- **Work request**
In the entries below, find each line with the string "record" and copy it.

──────── Input ────────

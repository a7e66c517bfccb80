-- ===== src/Track/Tiling/Loop.antt =====
-- One round of the tiling loop, and the whole loop: the chain grows, and content is only trimmed.
use thaum_painter.Base.{ℕ, ◌+◌, ◌-◌, ◌≤◌, ◌<◌, ◌≡◌, refl, ◌⊎◌, inl, inr, false, Option}
use thaum_painter.Base.{List, [], ◌∷◌, All, u32_max, arith, Bool-cases, leb, ltb}
use thaum_painter.Base.{add32, add32_fits, sub32_fits}
use thaum_painter.Base.Text.{Text}
use thaum_painter.Track.Block.{SharedDocumentPropertyBlock as Block, blank_block}
use thaum_painter.Track.Ids.{next_free_block_id}
use thaum_painter.Track.Retile.{push_tiled_block, Tiling, tile_block, tile_blocks}
use thaum_painter.Track.Tiling.{Chain, ApartFrom, Shows, FitsU32}
use thaum_painter.Track.Tiling.Push.{Chain-push, ApartFrom-push, Shows-push, push-Shows}

module _ {Value : Type 0} where
  pub record IsTiling (a : ℕ) (t : Tiling Value) : Type 0 where
    pub chain : Chain a t.cursor t.tiled
    pub apart : ApartFrom false t.tiled
    pub low : t.cursor ≤ u32_max

  -- The three branches of a round, with the wrap-around gone.
  abbrev pub gap_before : Tiling Value → Block Value → Block Value
  gap_before t b =
      blank_block (next_free_block_id t.used t.tiled) t.cursor (b.start_breath - t.cursor)

  abbrev pub trimmed_to : Tiling Value → Block Value → Block Value
  trimmed_to t b = record b {
    start_breath = t.cursor;
    length_breaths = b.start_breath + b.length_breaths - t.cursor;
  }

  pub data Round (t : Tiling Value) (b : Block Value) : Tiling Value → Type 0 where
    skipped : b.start_breath + b.length_breaths ≤ t.cursor → Round t b t
    gapped :
        t.cursor < b.start_breath
        → Round t b (record {
          used = next_free_block_id t.used t.tiled ∷ t.used;
          tiled = push_tiled_block (push_tiled_block t.tiled (gap_before t b)) b;
          cursor = b.start_breath + b.length_breaths;
        })
    pushed :
        b.start_breath ≤ t.cursor
        → t.cursor < b.start_breath + b.length_breaths
        → Round t b (record {
          used = t.used;
          tiled = push_tiled_block t.tiled (trimmed_to t b);
          cursor = b.start_breath + b.length_breaths;
        })

  pub tile_block-Round :
      (t : Tiling Value) (b : Block Value)
      → t.cursor ≤ u32_max
      → FitsU32 b
      → Round t b (tile_block t b)
  unfolding tile_block
  tile_block-Round t b low fits =
      let end = add32_fits b.start_breath b.length_breaths (omega arith) in
      elim (Bool-cases (leb (b.start_breath + b.length_breaths) t.cursor)) [
        | inl e ↦ rw (end, e) (skipped (ground arith))
        | inr e ↦ elim (Bool-cases (ltb t.cursor b.start_breath)) [
          | inl g ↦
              rw (end, e, g, sub32_fits b.start_breath t.cursor (ground arith) (omega arith))
                (gapped (ground arith))
          | inr g ↦
              let left =
                sub32_fits (b.start_breath + b.length_breaths) t.cursor (ground arith)
                  (omega arith) in
              let ends : add32 t.cursor (b.start_breath + b.length_breaths - t.cursor)
                  ≡ b.start_breath + b.length_breaths =
                ground
                  (arith, add32_fits t.cursor (b.start_breath + b.length_breaths - t.cursor)) in
              rw (end, e, g, left, ends) (pushed (ground arith) (ground arith))
        ]
      ]

  Round-IsTiling :
      {t : Tiling Value} {b : Block Value} {u : Tiling Value} {a : ℕ}
      → FitsU32 b
      → Round t b u
      → IsTiling a t
      → IsTiling a u
  Round-IsTiling fits (skipped h) i = i
  Round-IsTiling {t} {b} {a} fits (gapped h) i =
      let gap = gap_before t b in
      let first =
        Chain-push t.tiled gap a t.cursor b.start_breath i.chain refl (omega arith) (omega arith)
          (omega arith) in
      record {
        chain =
            Chain-push (push_tiled_block t.tiled gap) b a b.start_breath _ first refl fits.0 refl
              (omega arith);
        apart = ApartFrom-push _ b (ApartFrom-push t.tiled gap i.apart);
        low = fits.1;
      }
  Round-IsTiling {t} {b} {a} fits (pushed h k) i = record {
    chain =
        Chain-push t.tiled (trimmed_to t b) a t.cursor _ i.chain refl (omega arith) (omega arith)
          (omega arith);
    apart = ApartFrom-push t.tiled (trimmed_to t b) i.apart;
    low = fits.1;
  }

  Round-cursor :
      {t : Tiling Value} {b : Block Value} {u : Tiling Value}
      → Round t b u
      → (t.cursor ≤ u.cursor)
        × (b.start_breath + b.length_breaths ≤ u.cursor)
        × ((u.cursor ≡ t.cursor) ⊎ (u.cursor ≡ b.start_breath + b.length_breaths))
  Round-cursor (skipped h) = (omega arith, h, inl refl)
  Round-cursor (gapped h) = (omega arith, omega arith, inr refl)
  Round-cursor (pushed h k) = (omega arith, omega arith, inr refl)

  -- Content of the result was there before, or is the new bar's.
  Round-Shows :
      {t : Tiling Value} {b : Block Value} {u : Tiling Value} (x : ℕ) (i : Text) (v : Option Value)
      → Round t b u
      → Shows x i v u.tiled
      → Shows x i v t.tiled ⊎ Shows x i v (b ∷ [])
  Round-Shows x i v (skipped h) s = inl s
  Round-Shows {t} {b} x i v (gapped h) s = ground (
    arith,
    Shows-push (push_tiled_block t.tiled (gap_before t b)) b x i v s,
    Shows-push t.tiled (gap_before t b) x i v,
  )
  Round-Shows {t} {b} x i v (pushed h k) s =
      ground (arith, Shows-push t.tiled (trimmed_to t b) x i v s)

  -- A bar that starts at or behind the cursor keeps all of its content.
  Shows-Round :
      {t : Tiling Value} {b : Block Value} {u : Tiling Value} (x : ℕ) (i : Text) (v : Option Value)
      → t.cursor ≤ b.start_breath
      → Round t b u
      → Shows x i v t.tiled ⊎ Shows x i v (b ∷ [])
      → Shows x i v u.tiled
  Shows-Round x i v c (skipped h) (inl s) = s
  Shows-Round x i v c (skipped h) (inr s) = ground arith
  Shows-Round {t} {b} x i v c (gapped h) (inl s) =
      push-Shows _ b x i v (inl (push-Shows t.tiled (gap_before t b) x i v (inl s)))
  Shows-Round {t} {b} x i v c (gapped h) (inr s) = push-Shows _ b x i v (inr s)
  Shows-Round {t} {b} x i v c (pushed h k) (inl s) =
      push-Shows t.tiled (trimmed_to t b) x i v (inl s)
  Shows-Round {t} {b} x i v c (pushed h k) (inr s) =
      push-Shows t.tiled (trimmed_to t b) x i v (inr (ground arith))

  pub tile_blocks-IsTiling :
      (bs : List (Block Value)) (t : Tiling Value) (a : ℕ)
      → All FitsU32 bs
      → IsTiling a t
      → IsTiling a (tile_blocks t bs)
  unfolding tile_blocks
  tile_blocks-IsTiling [] t a fits i = i
  tile_blocks-IsTiling (b ∷ bs) t a fits i =
      tile_blocks-IsTiling bs (tile_block t b) a fits.1
        (Round-IsTiling fits.0 (tile_block-Round t b i.low fits.0) i)

  pub Shows-tile_blocks :
      (bs : List (Block Value)) (t : Tiling Value) (a x : ℕ) (i : Text) (v : Option Value)
      → All FitsU32 bs
      → IsTiling a t
      → Shows x i v (tile_blocks t bs).tiled
      → Shows x i v t.tiled ⊎ Shows x i v bs
  unfolding tile_blocks
  Shows-tile_blocks [] t a x i v fits p s = inl s
  Shows-tile_blocks (b ∷ bs) t a x i v fits p s =
      let r = tile_block-Round t b p.low fits.0 in
      ground (
        arith,
        Shows-tile_blocks bs (tile_block t b) a x i v fits.1 (Round-IsTiling fits.0 r p) s,
        Round-Shows x i v r,
      )

  -- The bars stand in order, and none starts in front of the end of the one before it.
  abbrev pub Ordered : ℕ → List (Block Value) → Type 0
  Ordered c [] = Unit
  Ordered c (b ∷ bs) = (c ≤ b.start_breath) × Ordered (b.start_breath + b.length_breaths) bs

  pub tile_blocks-Shows :
      (bs : List (Block Value)) (t : Tiling Value) (a x : ℕ) (i : Text) (v : Option Value)
      → All FitsU32 bs
      → Ordered t.cursor bs
      → IsTiling a t
      → Shows x i v t.tiled ⊎ Shows x i v bs
      → Shows x i v (tile_blocks t bs).tiled
  unfolding tile_blocks
  tile_blocks-Shows [] t a x i v fits o p s = ground arith
  tile_blocks-Shows (b ∷ bs) t a x i v fits o p s =
      let r = tile_block-Round t b p.low fits.0 in
      let cursor : b.start_breath + b.length_breaths ≡ (tile_block t b).cursor =
        ground (arith, Round-cursor r) in
      tile_blocks-Shows bs (tile_block t b) a x i v fits.1 (rw cursor at o.1)
        (Round-IsTiling fits.0 r p) (ground (arith, Shows-Round x i v o.0 r))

────────

- **Exercise output**
  pub record IsTiling (a : ℕ) (t : Tiling Value) : Type 0 where
  trimmed_to t b = record b {
        → Round t b (record {
        → Round t b (record {
      record {
  Round-IsTiling {t} {b} {a} fits (pushed h k) i = record {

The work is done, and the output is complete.